= Exercise objective =
Once the line containing "is_lacking (some r)" is found in the entries below, restate it and each following line word for word, stopping after the line containing "user_apply (unlock_with hashed_token)".

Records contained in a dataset
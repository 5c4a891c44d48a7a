-- ===== src/Core/Types/Events.antt =====
-- v2/apiserver/internal/core/events.go, the data.
use brignext.Base.{ℕ, String, Option, List}
use brignext.Core.Types.Workers.{Worker, WorkerPhase}
use brignext.Core.Types.Projects.{ObjectMeta, ListMeta, Labels}

pub record EventGitConfig : Type 0 where
  pub clone_url : String
  pub commit : String
  pub ref : String

pub record Event : Type 0 where
  pub meta : ObjectMeta
  pub project_id : String
  pub source : String
  pub type_ : String
  pub labels : Labels
  pub short_title : String
  pub long_title : String
  pub git : Option EventGitConfig
  pub payload : String
  pub worker : Worker

pub record EventsSelector : Type 0 where
  pub project_id : String
  pub worker_phases : List WorkerPhase

pub record EventList : Type 0 where
  pub meta : ListMeta
  pub items : List Event

pub record CancelManyEventsResult : Type 0 where
  pub count : ℕ

pub record DeleteManyEventsResult : Type 0 where
  pub count : ℕ
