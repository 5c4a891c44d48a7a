-- ===== src/Core/Types.antt =====
-- The data of v2/apiserver/internal/core, passed on from one module for each source file.
mod Workers
mod Jobs
mod Projects
mod Events
unfoldable pub use Workers.*
unfoldable pub use Jobs.*
unfoldable pub use Projects.*
unfoldable pub use Events.*
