-- ===== src/Core/Mongo/ProjectDocs.antt =====
-- The documents of the "projects" collection, with the filters and the update that
-- v2/apiserver/internal/core/mongodb/projects_store.go builds for them.
use Prim.Native.Nat.{Ordering}
use Prim.Native.String.{compare}
use brignext.Base.{
  ◌≢◌, String, Bool, true, false, ◌&&◌, Option, none, some, List, [], ◌∷◌, any, ◌==◌,
}
use brignext.Mongo.{Semantics, Sort, created_desc, id_asc}
use brignext.Core.Types.{Time, Project, ProjectSpec, EventSubscription, Labels}

pub record ProjectDoc : Type 0 where
  pub project : Project
  pub last_updated : Option Time

-- The criteria for a subscription under `$elemMatch`. Each of `labels` stands under `$all`; the
-- list is `none` where the event has no labels.
pub record SubscriptionCriteria : Type 0 where
  pub source : String
  pub types : List String
  pub labels : Option Labels

pub record ProjectFilter : Type 0 where
  pub id : Option String
  -- `{"$gt": id}`
  pub id_after : Option String
  pub subscription : Option SubscriptionCriteria

abbrev pub no_project_criteria : ProjectFilter
no_project_criteria = record { id = none; id_after = none; subscription = none }

unfoldable pub has_member : List String → String → Bool
has_member ts t = any (λ u. u == t) ts

unfoldable pub has_label : Labels → String × String → Bool
has_label labels (key, value) = any (λ l. l.0 == key && l.1 == value) labels

unfoldable pub has_all_labels : Labels → Labels → Bool
unfolding has_label
has_all_labels [] labels = true
has_all_labels (l ∷ ls) labels = has_label labels l && has_all_labels ls labels

unfoldable pub has_label_conditions : Option Labels → Labels → Bool
has_label_conditions none labels = true
has_label_conditions (some conditions) labels = has_all_labels conditions labels

-- `$in` holds of an array if it holds of one of its elements.
unfoldable pub subscription_matches : SubscriptionCriteria → EventSubscription → Bool
subscription_matches c s =
    s.source == c.source
    && any (has_member c.types) s.types
    && has_label_conditions c.labels s.labels

unfoldable pub is_after : String → String → Bool
is_after a b = elim (compare b a) [ Ordering.lt ↦ true | _ ↦ false ]

unfoldable pub project_matches : ProjectFilter → ProjectDoc → Bool
project_matches f d =
    elim f.id [ none ↦ true | some id ↦ d.project.meta.id == id ]
    && elim f.id_after [ none ↦ true | some id ↦ is_after d.project.meta.id id ]
    && elim f.subscription [
      | none ↦ true
      | some c ↦ any (subscription_matches c) d.project.spec.event_subscriptions
    ]

pub data ProjectUpdate : Type 0 where
  set_spec : Time → ProjectSpec → ProjectUpdate

unfoldable pub project_apply : ProjectUpdate → ProjectDoc → ProjectDoc
project_apply (set_spec t spec) d = record d {
  project = record d.project { spec = spec };
  last_updated = some t;
}

-- By identifier; the other key is not used for projects.
abbrev pub IsInIdOrder : List ProjectDoc → Type 0
IsInIdOrder [] = Unit
IsInIdOrder (d ∷ []) = Unit
IsInIdOrder (d ∷ e ∷ ds) =
    (compare e.project.meta.id d.project.meta.id ≢ Ordering.lt) × IsInIdOrder (e ∷ ds)

abbrev IsSorted : Sort → List ProjectDoc → Type 0
IsSorted created_desc ds = Unit
IsSorted id_asc ds = IsInIdOrder ds

abbrev pub project_semantics : Semantics ProjectDoc ProjectFilter ProjectUpdate
project_semantics = record {
  id_of = λ d. d.project.meta.id;
  matches = project_matches;
  apply = project_apply;
  IsOrdered = IsSorted;
}
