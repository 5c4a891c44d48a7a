-- ===== src/Authx/Docs.antt =====
-- The documents of the collections "users", "service-accounts" and "sessions", with the filters
-- and updates that the stores of v2/apiserver/internal/authx/mongodb build for them.
use Prim.Native.Nat.{Ordering}
use Prim.Native.String.{compare}
use brignext.Base.{
  ◌≢◌, String, Bool, true, not, ◌&&◌, Option, none, some, List, [], ◌∷◌, ◌++◌, select, ◌==◌,
  if◌then◌else◌,
}
use brignext.Mongo.{Semantics, Sort, created_desc, id_asc}
use brignext.Authx.Roles.{Role, same_role, has_role, precedes}
use brignext.Authx.Principals.{User, ServiceAccount, Session}
use brignext.Core.Types.{Time}
use brignext.Core.Mongo.ProjectDocs.{is_after}

-- `hashed_token` is for service accounts. `lacks_role` is `{"$nin": [role]}`.
pub record AccountFilter : Type 0 where
  pub id : Option String
  pub id_after : Option String
  pub hashed_token : Option String
  pub lacks_role : Option Role

abbrev pub no_account_criteria : AccountFilter
no_account_criteria = record { id = none; id_after = none; hashed_token = none; lacks_role = none }

pub record SessionFilter : Type 0 where
  pub id : Option String
  pub user_id : Option String
  pub hashed_token : Option String
  pub hashed_oauth2_state : Option String

abbrev pub no_session_criteria : SessionFilter
no_session_criteria = record {
  id = none;
  user_id = none;
  hashed_token = none;
  hashed_oauth2_state = none;
}

-- `push_role` is `$push` of one element with `$sort`, `pull_role` is `$pull` of one.
pub data AccountUpdate : Type 0 where
  set_locked : Option Time → AccountUpdate
  -- of a service account: `locked` is nil, and `hashedToken` is new
  unlock_with : String → AccountUpdate
  push_role pull_role : Role → AccountUpdate

pub data SessionUpdate : Type 0 where
  set_user : String → Time → Time → SessionUpdate

-- A filter's condition on a text.
unfoldable pub is_text : Option String → String → Bool
is_text none t = true
is_text (some s) t = t == s

unfoldable pub is_id_after : Option String → String → Bool
is_id_after none t = true
is_id_after (some s) t = is_after t s

unfoldable pub is_lacking : Option Role → List Role → Bool
is_lacking none roles = true
is_lacking (some r) roles = not (has_role r roles)

unfoldable pub user_matches : AccountFilter → User → Bool
unfolding is_text is_id_after is_lacking
user_matches f u =
    is_text f.id u.id && is_id_after f.id_after u.id && is_lacking f.lacks_role u.user_roles

unfoldable pub account_matches : AccountFilter → ServiceAccount → Bool
unfolding is_text is_id_after is_lacking
account_matches f a =
    is_text f.id a.id
    && is_id_after f.id_after a.id
    && is_text f.hashed_token a.hashed_token
    && is_lacking f.lacks_role a.service_account_roles

unfoldable pub session_matches : SessionFilter → Session → Bool
unfolding is_text
session_matches f s =
    is_text f.id s.id
    && is_text f.user_id s.user_id
    && is_text f.hashed_token s.hashed_token
    && is_text f.hashed_oauth2_state s.hashed_oauth2_state

unfoldable pub place_role : Role → List Role → List Role
place_role r [] = r ∷ []
place_role r (q ∷ qs) = let rest = place_role r qs in if precedes q r then q ∷ rest else r ∷ q ∷ qs

-- `$sort` of the whole array.
unfoldable pub sort_roles : List Role → List Role
unfolding place_role
sort_roles [] = []
sort_roles (r ∷ rs) = place_role r (sort_roles rs)

unfoldable pub with_role : Role → List Role → List Role
unfolding sort_roles
with_role r roles = sort_roles (roles ++ r ∷ [])

unfoldable pub without_role : Role → List Role → List Role
without_role r roles = select (λ q. not (same_role r q)) roles

unfoldable pub user_apply : AccountUpdate → User → User
unfolding with_role without_role
user_apply (set_locked t) u = record u { locked = t }
user_apply (unlock_with hashed_token) u = record u { locked = none }
user_apply (push_role r) u = record u { user_roles = with_role r u.user_roles }
user_apply (pull_role r) u = record u { user_roles = without_role r u.user_roles }

unfoldable pub account_apply : AccountUpdate → ServiceAccount → ServiceAccount
unfolding with_role without_role
account_apply (set_locked t) a = record a { locked = t }
account_apply (unlock_with hashed_token) a = record a { locked = none; hashed_token = hashed_token }
account_apply (push_role r) a = record a {
  service_account_roles = with_role r a.service_account_roles;
}
account_apply (pull_role r) a = record a {
  service_account_roles = without_role r a.service_account_roles;
}

unfoldable pub session_apply : SessionUpdate → Session → Session
session_apply (set_user user_id authenticated expires) s = record s {
  user_id = user_id;
  authenticated = some authenticated;
  expires = some expires;
}

-- By identifier; the other key is not used here.
abbrev pub InIdOrder : {D : Type 0} → (D → String) → List D → Type 0
InIdOrder id_of [] = Unit
InIdOrder id_of (d ∷ []) = Unit
InIdOrder id_of (d ∷ e ∷ ds) =
    (compare (id_of e) (id_of d) ≢ Ordering.lt) × InIdOrder id_of (e ∷ ds)

abbrev InOrder : {D : Type 0} → (D → String) → Sort → List D → Type 0
InOrder id_of created_desc ds = Unit
InOrder id_of id_asc ds = InIdOrder id_of ds

abbrev pub user_semantics : Semantics User AccountFilter AccountUpdate
user_semantics = record {
  id_of = λ u. u.id;
  matches = user_matches;
  apply = user_apply;
  IsOrdered = InOrder (λ u. u.id);
}

abbrev pub account_semantics : Semantics ServiceAccount AccountFilter AccountUpdate
account_semantics = record {
  id_of = λ a. a.id;
  matches = account_matches;
  apply = account_apply;
  IsOrdered = InOrder (λ a. a.id);
}

abbrev pub session_semantics : Semantics Session SessionFilter SessionUpdate
session_semantics = record {
  id_of = λ s. s.id;
  matches = session_matches;
  apply = session_apply;
  IsOrdered = InOrder (λ s. s.id);
}
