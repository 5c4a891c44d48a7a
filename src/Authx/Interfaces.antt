-- ===== src/Authx/Interfaces.antt =====
-- v2/apiserver/internal/authx: the stores of users, service accounts and sessions, and tokens.
use brignext.Base.{ℕ, String, List}
use brignext.Effect.{M}
use brignext.Authx.Principals.{User, ServiceAccount, Session}
use brignext.Core.Types.{Time, ListMeta, ListOptions}

pub record Token : Type 0 where
  pub value : String

pub record UserList : Type 0 where
  pub meta : ListMeta
  pub items : List User

pub record ServiceAccountList : Type 0 where
  pub meta : ListMeta
  pub items : List ServiceAccount

pub record UsersStore (W : Type 0) : Type 0 where
  pub create : User → M W (Unit {0})
  pub count : M W ℕ
  pub list : ListOptions → M W UserList
  pub get : String → M W User
  pub lock : String → M W (Unit {0})
  pub unlock : String → M W (Unit {0})

pub record ServiceAccountsStore (W : Type 0) : Type 0 where
  pub create : ServiceAccount → M W (Unit {0})
  pub list : ListOptions → M W ServiceAccountList
  pub get : String → M W ServiceAccount
  pub get_by_hashed_token : String → M W ServiceAccount
  pub lock : String → M W (Unit {0})
  pub unlock : String → String → M W (Unit {0})

pub record SessionsStore (W : Type 0) : Type 0 where
  pub create : Session → M W (Unit {0})
  pub get_by_hashed_oauth2_state : String → M W Session
  pub get_by_hashed_token : String → M W Session
  pub authenticate : String → String → Time → M W (Unit {0})
  pub delete : String → M W (Unit {0})
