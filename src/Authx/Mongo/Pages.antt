-- ===== src/Authx/Mongo/Pages.antt =====
-- What the stores of users and of service accounts in v2/apiserver/internal/authx/mongodb share:
-- one page of documents by identifier, and the error of an insertion.
pub mod Orders
pub mod Reads
pub mod Listing
use brignext.Base.{
  ◌-◌, String, Option, none, some, List, [], ◌∷◌, length, get_elem?, ltb, eqb, ◌==◌, if◌then◌else◌,
}
use brignext.Errors.{Error, Reason, err_conflict, write_exception}
use brignext.Effect.{M, pure, crash, ◌>>=◌}
use brignext.Mongo.{Collection, id_asc}
use brignext.Core.Types.{ListMeta, ListOptions}
use brignext.Authx.Docs.{AccountFilter, no_account_criteria}

-- A duplicate key is one write error, of code 11000.
unfoldable pub create_error : String → String → Reason → Error → Error
create_error type_ id why (write_exception (code ∷ [])) =
    if eqb code 11000 then err_conflict type_ id why else write_exception (code ∷ [])
create_error type_ id why e = e

abbrev pub no_meta : ListMeta
no_meta = record { continue_ = ""; remaining_item_count = 0 }

module _ {W D U : Type 0} (collection : Collection W D AccountFilter U) (id_of : D → String) where
  -- The block on a full page: `last` is the item at `opts.Limit-1`.
  unfoldable pub full_page : AccountFilter → List D → Option D → M W (ListMeta × List D)
  full_page criteria items none = crash
  full_page criteria items (some last) = do
    remaining ← collection.count_documents (record criteria { id_after = some (id_of last) })
    pure (
        if ltb 0 remaining
        then (record { continue_ = id_of last; remaining_item_count = remaining }, items)
        else (no_meta, items))

  unfoldable pub page : ListOptions → M W (ListMeta × List D)
  unfolding full_page
  page opts = do
    let criteria = record no_account_criteria {
      id_after = if opts.continue_ == "" then none else some opts.continue_;
    }
    items ← collection.find criteria (record { sort = id_asc; limit = opts.limit })
    if eqb (length items) opts.limit
        then full_page criteria items
            (if eqb opts.limit 0 then none else get_elem? items (opts.limit - 1))
        else pure (no_meta, items)
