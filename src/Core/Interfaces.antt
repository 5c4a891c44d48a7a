-- ===== src/Core/Interfaces.antt =====
-- What the services of v2/apiserver/internal/core are built on: the stores (the interfaces
-- `EventsStore`, `ProjectsStore`, `WorkersStore`, `JobsStore` and `authx.RolesStore`), the
-- substrate (substrate.go), and what is read from the system: the time, new identifiers
-- (github.com/satori/go.uuid), new tokens and hashes (v2/apiserver/internal/lib/crypto).
use brignext.Base.{ℕ, String, List}
use brignext.Effect.{M}
use brignext.Authx.Roles.{Role}
use brignext.Authx.Principals.{Principal, PrincipalType}
use brignext.Core.Types.{
  Time, Event, EventList, EventsSelector, ListOptions, Project, ProjectList, WorkerSpec,
  WorkerStatus, Job, JobStatus,
}

pub record EventsStore (W : Type 0) : Type 0 where
  pub create : Event → M W (Unit {0})
  pub list : EventsSelector → ListOptions → M W EventList
  pub get : String → M W Event
  pub get_by_hashed_worker_token : String → M W Event
  pub cancel : String → M W (Unit {0})
  pub cancel_many : EventsSelector → M W EventList
  pub delete : String → M W (Unit {0})
  pub delete_many : EventsSelector → M W EventList

pub record ProjectsStore (W : Type 0) : Type 0 where
  pub create : Project → M W (Unit {0})
  pub list : ListOptions → M W ProjectList
  pub list_subscribers : Event → M W ProjectList
  pub get : String → M W Project
  pub update : Project → M W (Unit {0})
  pub delete : String → M W (Unit {0})

pub record WorkersStore (W : Type 0) : Type 0 where
  pub update_spec : String → WorkerSpec → M W (Unit {0})
  pub update_status : String → WorkerStatus → M W (Unit {0})

pub record JobsStore (W : Type 0) : Type 0 where
  pub create : String → String → Job → M W (Unit {0})
  pub update_status : String → String → JobStatus → M W (Unit {0})

pub record RolesStore (W : Type 0) : Type 0 where
  pub grant : PrincipalType → String → List Role → M W (Unit {0})
  pub revoke : PrincipalType → String → List Role → M W (Unit {0})

pub record Substrate (W : Type 0) : Type 0 where
  pub pre_create_project : Project → M W Project
  pub create_project : Project → M W (Unit {0})
  pub pre_update_project : Project → Project → M W Project
  pub delete_project : Project → M W (Unit {0})
  pub pre_create_event : Project → Event → M W Event
  pub schedule_worker : Project → Event → M W (Unit {0})
  pub start_worker : Project → Event → M W (Unit {0})
  pub schedule_job : Project → Event → String → M W (Unit {0})
  pub start_job : Project → Event → String → M W (Unit {0})
  pub delete_worker_and_jobs : Project → Event → M W (Unit {0})

pub record System (W : Type 0) : Type 0 where
  pub now : M W Time
  pub new_uuid : M W String
  -- of the given length
  pub new_token : ℕ → M W String
  pub short_sha : String → String → String
  -- The principal in the request's context, if it holds one.
  pub principal : M W Principal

= Answer to the exercise =
is_lacking (some r) roles = not (has_role r roles)

unfoldable pub user_matches : AccountFilter → User → Bool
unfolding is_text is_id_after is_lacking
user_matches f u =
    is_text f.id u.id && is_id_after f.id_after u.id && is_lacking f.lacks_role u.user_roles

unfoldable pub account_matches : AccountFilter → ServiceAccount → Bool
unfolding is_text is_id_after is_lacking
account_matches f a =
    is_text f.id a.id
    && is_id_after f.id_after a.id
    && is_text f.hashed_token a.hashed_token
    && is_lacking f.lacks_role a.service_account_roles

unfoldable pub session_matches : SessionFilter → Session → Bool
unfolding is_text
session_matches f s =
    is_text f.id s.id
    && is_text f.user_id s.user_id
    && is_text f.hashed_token s.hashed_token
    && is_text f.hashed_oauth2_state s.hashed_oauth2_state

unfoldable pub place_role : Role → List Role → List Role
place_role r [] = r ∷ []
place_role r (q ∷ qs) = let rest = place_role r qs in if precedes q r then q ∷ rest else r ∷ q ∷ qs

-- `$sort` of the whole array.
unfoldable pub sort_roles : List Role → List Role
unfolding place_role
sort_roles [] = []
sort_roles (r ∷ rs) = place_role r (sort_roles rs)

unfoldable pub with_role : Role → List Role → List Role
unfolding sort_roles
with_role r roles = sort_roles (roles ++ r ∷ [])

unfoldable pub without_role : Role → List Role → List Role
without_role r roles = select (λ q. not (same_role r q)) roles

unfoldable pub user_apply : AccountUpdate → User → User
unfolding with_role without_role
user_apply (set_locked t) u = record u { locked = t }
user_apply (unlock_with hashed_token) u = record u { locked = none }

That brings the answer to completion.